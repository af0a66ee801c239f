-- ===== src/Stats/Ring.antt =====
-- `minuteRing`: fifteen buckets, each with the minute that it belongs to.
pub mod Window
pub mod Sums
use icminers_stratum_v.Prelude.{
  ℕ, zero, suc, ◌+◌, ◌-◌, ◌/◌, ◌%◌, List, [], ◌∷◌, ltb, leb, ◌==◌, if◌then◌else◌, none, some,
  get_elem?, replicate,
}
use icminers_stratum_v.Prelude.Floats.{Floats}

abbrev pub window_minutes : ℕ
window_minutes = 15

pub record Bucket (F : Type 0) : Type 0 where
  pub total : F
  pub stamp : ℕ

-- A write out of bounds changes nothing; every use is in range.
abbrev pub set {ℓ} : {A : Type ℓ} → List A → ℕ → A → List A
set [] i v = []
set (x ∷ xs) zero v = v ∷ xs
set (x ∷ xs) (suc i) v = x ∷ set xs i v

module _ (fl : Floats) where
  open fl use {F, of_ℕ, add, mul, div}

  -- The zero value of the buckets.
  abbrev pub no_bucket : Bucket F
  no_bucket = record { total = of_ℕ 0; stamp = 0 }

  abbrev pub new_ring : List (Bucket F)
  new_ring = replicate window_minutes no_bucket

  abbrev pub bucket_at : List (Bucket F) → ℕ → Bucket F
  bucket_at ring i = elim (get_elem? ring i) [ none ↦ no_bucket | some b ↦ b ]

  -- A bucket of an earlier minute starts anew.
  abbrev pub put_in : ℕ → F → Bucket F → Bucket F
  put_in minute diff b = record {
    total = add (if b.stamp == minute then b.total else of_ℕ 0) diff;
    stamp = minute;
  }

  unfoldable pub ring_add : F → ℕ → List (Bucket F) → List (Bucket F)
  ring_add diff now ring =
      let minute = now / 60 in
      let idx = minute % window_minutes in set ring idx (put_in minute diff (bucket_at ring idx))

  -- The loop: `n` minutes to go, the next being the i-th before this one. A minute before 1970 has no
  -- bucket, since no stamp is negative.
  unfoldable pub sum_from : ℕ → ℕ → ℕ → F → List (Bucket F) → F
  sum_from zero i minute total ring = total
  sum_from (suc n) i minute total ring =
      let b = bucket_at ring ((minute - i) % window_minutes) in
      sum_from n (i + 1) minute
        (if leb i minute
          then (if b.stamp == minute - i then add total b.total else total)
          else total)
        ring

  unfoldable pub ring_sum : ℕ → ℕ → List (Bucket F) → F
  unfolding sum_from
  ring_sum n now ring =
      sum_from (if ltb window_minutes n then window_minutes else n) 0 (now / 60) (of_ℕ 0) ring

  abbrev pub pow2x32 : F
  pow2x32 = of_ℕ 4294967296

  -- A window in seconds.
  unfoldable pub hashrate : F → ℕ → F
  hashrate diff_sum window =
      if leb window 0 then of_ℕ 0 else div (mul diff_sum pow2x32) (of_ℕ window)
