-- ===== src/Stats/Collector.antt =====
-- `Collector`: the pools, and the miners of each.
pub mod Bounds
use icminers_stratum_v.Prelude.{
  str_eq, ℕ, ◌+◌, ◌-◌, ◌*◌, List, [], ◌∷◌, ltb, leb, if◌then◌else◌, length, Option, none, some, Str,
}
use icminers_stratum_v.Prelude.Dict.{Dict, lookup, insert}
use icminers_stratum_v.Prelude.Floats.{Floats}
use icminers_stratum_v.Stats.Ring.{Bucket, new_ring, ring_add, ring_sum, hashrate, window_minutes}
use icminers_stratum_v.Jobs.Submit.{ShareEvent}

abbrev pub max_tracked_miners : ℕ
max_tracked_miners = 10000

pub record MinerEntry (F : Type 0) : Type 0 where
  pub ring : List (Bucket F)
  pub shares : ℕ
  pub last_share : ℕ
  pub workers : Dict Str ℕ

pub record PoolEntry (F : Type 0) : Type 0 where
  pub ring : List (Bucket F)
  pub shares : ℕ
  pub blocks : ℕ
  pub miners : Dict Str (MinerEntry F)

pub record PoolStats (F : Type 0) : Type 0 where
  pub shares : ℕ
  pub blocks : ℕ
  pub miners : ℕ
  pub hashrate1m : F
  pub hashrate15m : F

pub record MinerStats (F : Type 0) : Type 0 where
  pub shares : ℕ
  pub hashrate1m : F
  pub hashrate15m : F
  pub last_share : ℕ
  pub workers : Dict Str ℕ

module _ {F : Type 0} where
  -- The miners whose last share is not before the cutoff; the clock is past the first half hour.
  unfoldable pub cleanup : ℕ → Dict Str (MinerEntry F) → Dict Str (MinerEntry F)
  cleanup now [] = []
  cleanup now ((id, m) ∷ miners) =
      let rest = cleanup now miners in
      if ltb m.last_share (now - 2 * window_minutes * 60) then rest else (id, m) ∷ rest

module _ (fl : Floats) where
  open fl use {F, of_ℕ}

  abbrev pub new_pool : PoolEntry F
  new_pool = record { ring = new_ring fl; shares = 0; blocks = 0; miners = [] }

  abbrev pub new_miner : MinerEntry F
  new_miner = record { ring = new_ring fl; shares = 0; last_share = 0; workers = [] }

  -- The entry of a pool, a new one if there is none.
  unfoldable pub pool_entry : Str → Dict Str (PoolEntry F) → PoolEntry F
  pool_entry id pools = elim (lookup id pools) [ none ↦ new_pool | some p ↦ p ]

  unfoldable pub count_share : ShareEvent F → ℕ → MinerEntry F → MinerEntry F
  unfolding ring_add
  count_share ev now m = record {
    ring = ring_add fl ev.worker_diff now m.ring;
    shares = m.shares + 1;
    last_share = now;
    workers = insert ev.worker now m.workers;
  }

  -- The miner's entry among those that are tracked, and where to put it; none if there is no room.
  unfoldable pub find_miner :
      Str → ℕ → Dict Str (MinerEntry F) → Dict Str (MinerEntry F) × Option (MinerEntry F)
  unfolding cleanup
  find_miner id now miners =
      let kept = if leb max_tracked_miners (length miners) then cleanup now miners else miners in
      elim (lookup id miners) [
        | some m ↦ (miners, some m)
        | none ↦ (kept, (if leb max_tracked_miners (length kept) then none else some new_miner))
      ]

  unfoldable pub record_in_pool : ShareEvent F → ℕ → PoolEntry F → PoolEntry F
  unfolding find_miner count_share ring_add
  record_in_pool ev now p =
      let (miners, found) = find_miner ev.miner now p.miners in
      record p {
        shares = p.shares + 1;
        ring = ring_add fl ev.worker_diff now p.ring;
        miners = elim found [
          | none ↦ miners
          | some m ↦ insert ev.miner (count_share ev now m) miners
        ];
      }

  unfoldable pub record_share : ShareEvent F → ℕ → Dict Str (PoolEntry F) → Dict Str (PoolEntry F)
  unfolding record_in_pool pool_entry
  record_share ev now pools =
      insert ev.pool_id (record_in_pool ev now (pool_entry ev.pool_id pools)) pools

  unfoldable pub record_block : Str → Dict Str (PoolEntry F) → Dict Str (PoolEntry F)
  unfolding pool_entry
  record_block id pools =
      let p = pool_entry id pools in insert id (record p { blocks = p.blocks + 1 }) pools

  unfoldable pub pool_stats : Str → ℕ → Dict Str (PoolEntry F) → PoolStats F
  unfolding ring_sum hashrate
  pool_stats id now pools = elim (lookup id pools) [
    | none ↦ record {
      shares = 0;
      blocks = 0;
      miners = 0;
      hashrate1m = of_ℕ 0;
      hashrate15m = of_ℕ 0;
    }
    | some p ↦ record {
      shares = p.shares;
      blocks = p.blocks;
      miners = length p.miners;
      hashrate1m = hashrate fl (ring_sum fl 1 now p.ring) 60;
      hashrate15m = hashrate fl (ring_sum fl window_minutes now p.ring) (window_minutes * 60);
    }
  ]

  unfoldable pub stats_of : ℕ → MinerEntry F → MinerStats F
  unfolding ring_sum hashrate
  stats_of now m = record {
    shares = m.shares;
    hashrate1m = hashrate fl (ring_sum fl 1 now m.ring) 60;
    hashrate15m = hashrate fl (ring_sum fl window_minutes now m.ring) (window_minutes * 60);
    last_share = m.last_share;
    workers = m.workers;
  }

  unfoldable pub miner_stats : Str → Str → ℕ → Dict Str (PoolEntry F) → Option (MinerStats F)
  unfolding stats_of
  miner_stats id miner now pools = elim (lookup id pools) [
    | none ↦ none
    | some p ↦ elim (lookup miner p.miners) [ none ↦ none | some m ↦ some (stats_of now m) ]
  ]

**WHAT YOU ARE ASKED TO DO**
Of the entries listed above, reproduce only the lines starting at the line containing "let p = pool_entry" and ending at the line containing "hashrate1m = of_ℕ 0;". Include both, exactly as they stand.

**YOUR SOLUTION**
      let p = pool_entry id pools in insert id (record p { blocks = p.blocks + 1 }) pools

  unfoldable pub pool_stats : Str → ℕ → Dict Str (PoolEntry F) → PoolStats F
  unfolding ring_sum hashrate
  pool_stats id now pools = elim (lookup id pools) [
    | none ↦ record {
      shares = 0;
      blocks = 0;
      miners = 0;
      hashrate1m = of_ℕ 0;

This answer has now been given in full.